Just the thought of telling Elena how he felt made Jake’s heart swell until it almost cracked in half. Immediately defensive, he said, “She’s my friend, that’s all.”

“She’s your friend whose pants you want to get into. Unless you’re lying to yourself, too.” Taking another nip from his flask, Nathaniel stared at Jake like he was trying to break him. “I don’t think that’s true, though. ‘Don’t hate me for loving you’? You know exactly how you feel.”

Jake didn’t know what to say. Nathaniel was right, of course, but he didn’t seem to understand how sensitive and complicated the situation was.

“I know how it goes, man. I’ve been there,” Nathaniel said.

“Have you?” Jake said shyly.

Nathaniel smirked knowingly. “Here’s the thing.” He handed Jake the flask again. “Drink up.” As Jake forced himself to swallow down a little bit more of the rum, Nathaniel laid it out for him. “You can go on following her around forever, making puppy-dog eyes, knotting yourself up inside, dying a little bit every time she mentions some other guy, but you’ll never get what you want that way. You’ve gotta make your move. That’s the only play.”

Maybe it was the rum or maybe it was the fact that they were in this intimate space that had once been Nathaniel’s and was now Jake’s, or maybe it was just that Nathaniel seemed so much more self-confident and successful at life than Jake, but Jake felt like he could trust him, like he had something to learn from his new stepbrother. “If I never make a move, she can never reject me,” he said, admitting his deepest fear.

“So let her reject you. Then get on with your life,” Nathaniel said. “There’s a lot of fish in the sea.”

Jake knew he was right, but that didn’t make the truth hurt any less. He nervously picked out the few bars he’d written of his new song.

“There you go,” Nathaniel said. “Sing your heart song. And stick with me. I won’t steer you wrong, brother.”

6 (#ulink_11d33309-b22e-5b2d-ab87-5bcd490f0b8e)

By the next day, Elena’s new Jake-less reality had begun to sink in. She sat on the tile floor in the living room, cradled in a misshapen pink-and-yellow polka-dot chair pillow that just barely fit in the space next to the tree, tooling around on her computer to distract herself from her sister’s television program and, hopefully, escape the funk she’d fallen into since Jake had moved away.

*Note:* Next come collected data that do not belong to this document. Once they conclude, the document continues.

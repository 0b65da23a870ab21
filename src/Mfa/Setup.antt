-- ===== src/Mfa/Setup.antt =====
-- services/mfa.service.ts: `setup`, which draws a secret and recovery codes and keeps them until a code
-- of the secret is presented, or shows again what is kept.
use nest_auth.Prelude.{
  ℕ, Bool, true, false, Option, none, some, List, Text, internal, mfa_already_enabled,
  mfa_not_enabled, mfa_setup_required, token_invalid,
}
use nest_auth.Prelude.Action.{Action, pure, or_throw, from_result, throw_if, ◌>>=◌, ◌>>◌}
use nest_auth.Keys.{Plane}
use nest_auth.Json.{arr}
use nest_auth.AuthRedis.Claims.{set_if_absent}
use nest_auth.Totp.{generate_totp_secret}
use nest_auth.Totp.Uri.{build_totp_uri}
use nest_auth.Users.{Account}
use nest_auth.Mfa.{
  Server, State, on_store, assert_plane_tenant, encrypt_secret, decrypt_with_rotation,
}
use nest_auth.Mfa.Removal.{fetch, assert_reauthenticated}
use nest_auth.Mfa.RecoveryCodes.{CodeSet, count_or_default, lacks_repository, hash_recovery_codes}
use nest_auth.Mfa.SetupData.{parse_setup_data, parse_plain_recovery_codes, texts_out, setup_json}
use nest_auth.Mfa.Enabling.{setup_key}

-- MFA_SETUP_TTL_SECONDS
abbrev pub mfa_setup_ttl_seconds : ℕ
mfa_setup_ttl_seconds = 600

-- MfaSetupResult
pub record MfaSetupResult : Type 0 where
  pub secret : Text
  pub qr_code_uri : Text
  pub recovery_codes : List Text

-- the request, with what is drawn: the secret, the vectors of the two encryptions, the codes
pub record SetupRequest : Type 0 where
  pub user_id : Text
  pub context : Plane
  pub password : Option Text
  pub tenant_id : Option Text
  pub raw_secret : List ℕ
  pub secret_iv : List ℕ
  pub codes_iv : List ℕ
  pub draws : ℕ → List ℕ

module _ (server : Server) where
  open server use {env, recovery_code_count, issuer, encode_uri_component, compare}
  open server.env use {redis, stringify}
  open server.env.redis use {Store, get, set}

  -- `setupKey` of a request
  abbrev pub key_of : SetupRequest → Text
  key_of r = setup_key server r.context r.user_id r.tenant_id

  abbrev pub uri_for : Text → Text → Option Text
  uri_for secret email = build_totp_uri encode_uri_component secret email issuer

  -- What is kept is shown again.
  unfoldable pub show_again : Account → Text → Action (State server) MfaSetupResult
  show_again user raw = do
    setup ← or_throw mfa_setup_required (parse_setup_data env raw)
    secret ← or_throw token_invalid (decrypt_with_rotation server setup.encrypted_secret)
    json ← or_throw token_invalid (decrypt_with_rotation server setup.encrypted_plain_codes)
    codes ← or_throw mfa_setup_required (parse_plain_recovery_codes env json.secret)
    uri ← or_throw internal (uri_for secret.secret user.email)
    pure (record { secret = secret.secret; qr_code_uri = uri; recovery_codes = codes })

  -- What is drawn is shown.
  unfoldable pub show_new : Account → Text → List Text → Action (State server) MfaSetupResult
  show_new user secret plain_codes = do
    uri ← or_throw internal (uri_for secret user.email)
    pure (record { secret = secret; qr_code_uri = uri; recovery_codes = plain_codes })

  -- After a lost `setIfAbsent`: what the other request has kept, or where that is gone, the payload.
  abbrev pub after_lost :
      SetupRequest
      → Account
      → Text
      → List Text
      → Text
      → Option Text
      → Action (State server) MfaSetupResult
  after_lost r user secret plain_codes payload (some existing) = show_again user existing
  after_lost r user secret plain_codes payload none = do
    on_store server (λ s. (tt, set s (key_of r) payload mfa_setup_ttl_seconds))
    show_new user secret plain_codes

  abbrev pub keep_payload :
      SetupRequest → Account → Text → List Text → Text → Bool → Action (State server) MfaSetupResult
  keep_payload r user secret plain_codes payload true w = show_new user secret plain_codes w
  keep_payload r user secret plain_codes payload false w =
      after_lost r user secret plain_codes payload (get w.store (key_of r)) w

  unfoldable pub first_setup : SetupRequest → Account → Action (State server) MfaSetupResult
  first_setup r user = do
    let secret : Text = generate_totp_secret r.raw_secret
    let set : CodeSet = hash_recovery_codes server r.draws 0 (count_or_default recovery_code_count)
    encrypted_secret ← or_throw internal (encrypt_secret server r.secret_iv secret)
    encrypted_plain_codes ←
        or_throw internal
          (encrypt_secret server r.codes_iv (stringify (arr (texts_out set.plain_codes))))
    let payload : Text = stringify (
        setup_json (record {
          encrypted_secret = encrypted_secret;
          hashed_codes = set.hashed_codes;
          encrypted_plain_codes = encrypted_plain_codes;
        }))
    was_set ← on_store server (set_if_absent redis (key_of r) payload mfa_setup_ttl_seconds)
    keep_payload r user secret set.plain_codes payload was_set

  abbrev pub show_or_draw :
      SetupRequest → Account → Option Text → Action (State server) MfaSetupResult
  show_or_draw r user (some existing) = show_again user existing
  show_or_draw r user none = first_setup r user

  unfoldable pub setup : SetupRequest → Action (State server) MfaSetupResult
  setup r = do
    from_result (assert_plane_tenant server r.context r.tenant_id)
    throw_if (lacks_repository server r.context) mfa_not_enabled
    user ← fetch server r.context r.user_id r.tenant_id
    throw_if user.safe.mfa_enabled mfa_already_enabled
    assert_reauthenticated server compare r.context r.user_id user.password_hash r.password
        r.tenant_id
    existing ← on_store server (λ s. (get s (key_of r), s))
    show_or_draw r user existing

The show today was Hoarders—even worse than Storage Wars.

As Elena bounced back and forth among BuzzFeed and Twitter and her own AnAmerica page, which was still racking up likes and comments now, three days after she’d posted her latest animation, she couldn’t help but track the gist of what was happening on the show. A woman in her forties who rescued cats to com-fort herself from all the ways she couldn’t rescue herself is confronted by her worried parents after they discover that the house she lives in is so overrun that she’s now sleeping in her garage.

The thought that Elena was supposed to find this entertaining disgusted her, but she wasn’t about to say anything to her sister. Nina loved it. She sucked on a giant candy cane and periodically popped it out of her mouth to click her tongue at the outrages the show paraded across the screen, shaking her head, bugging her eyes at Elena.

“Ay-yi-yi-yi!” she said.

Elena smiled in recognition and checked her AnAmerica page. A new comment popped up. Some guy going by the handle Harlow. “You’re the best artist on this site,” he said.

A grin broke across her face. She didn’t get compliments like this all the time, and it felt good to be singled out. She wondered who this Harlow guy was.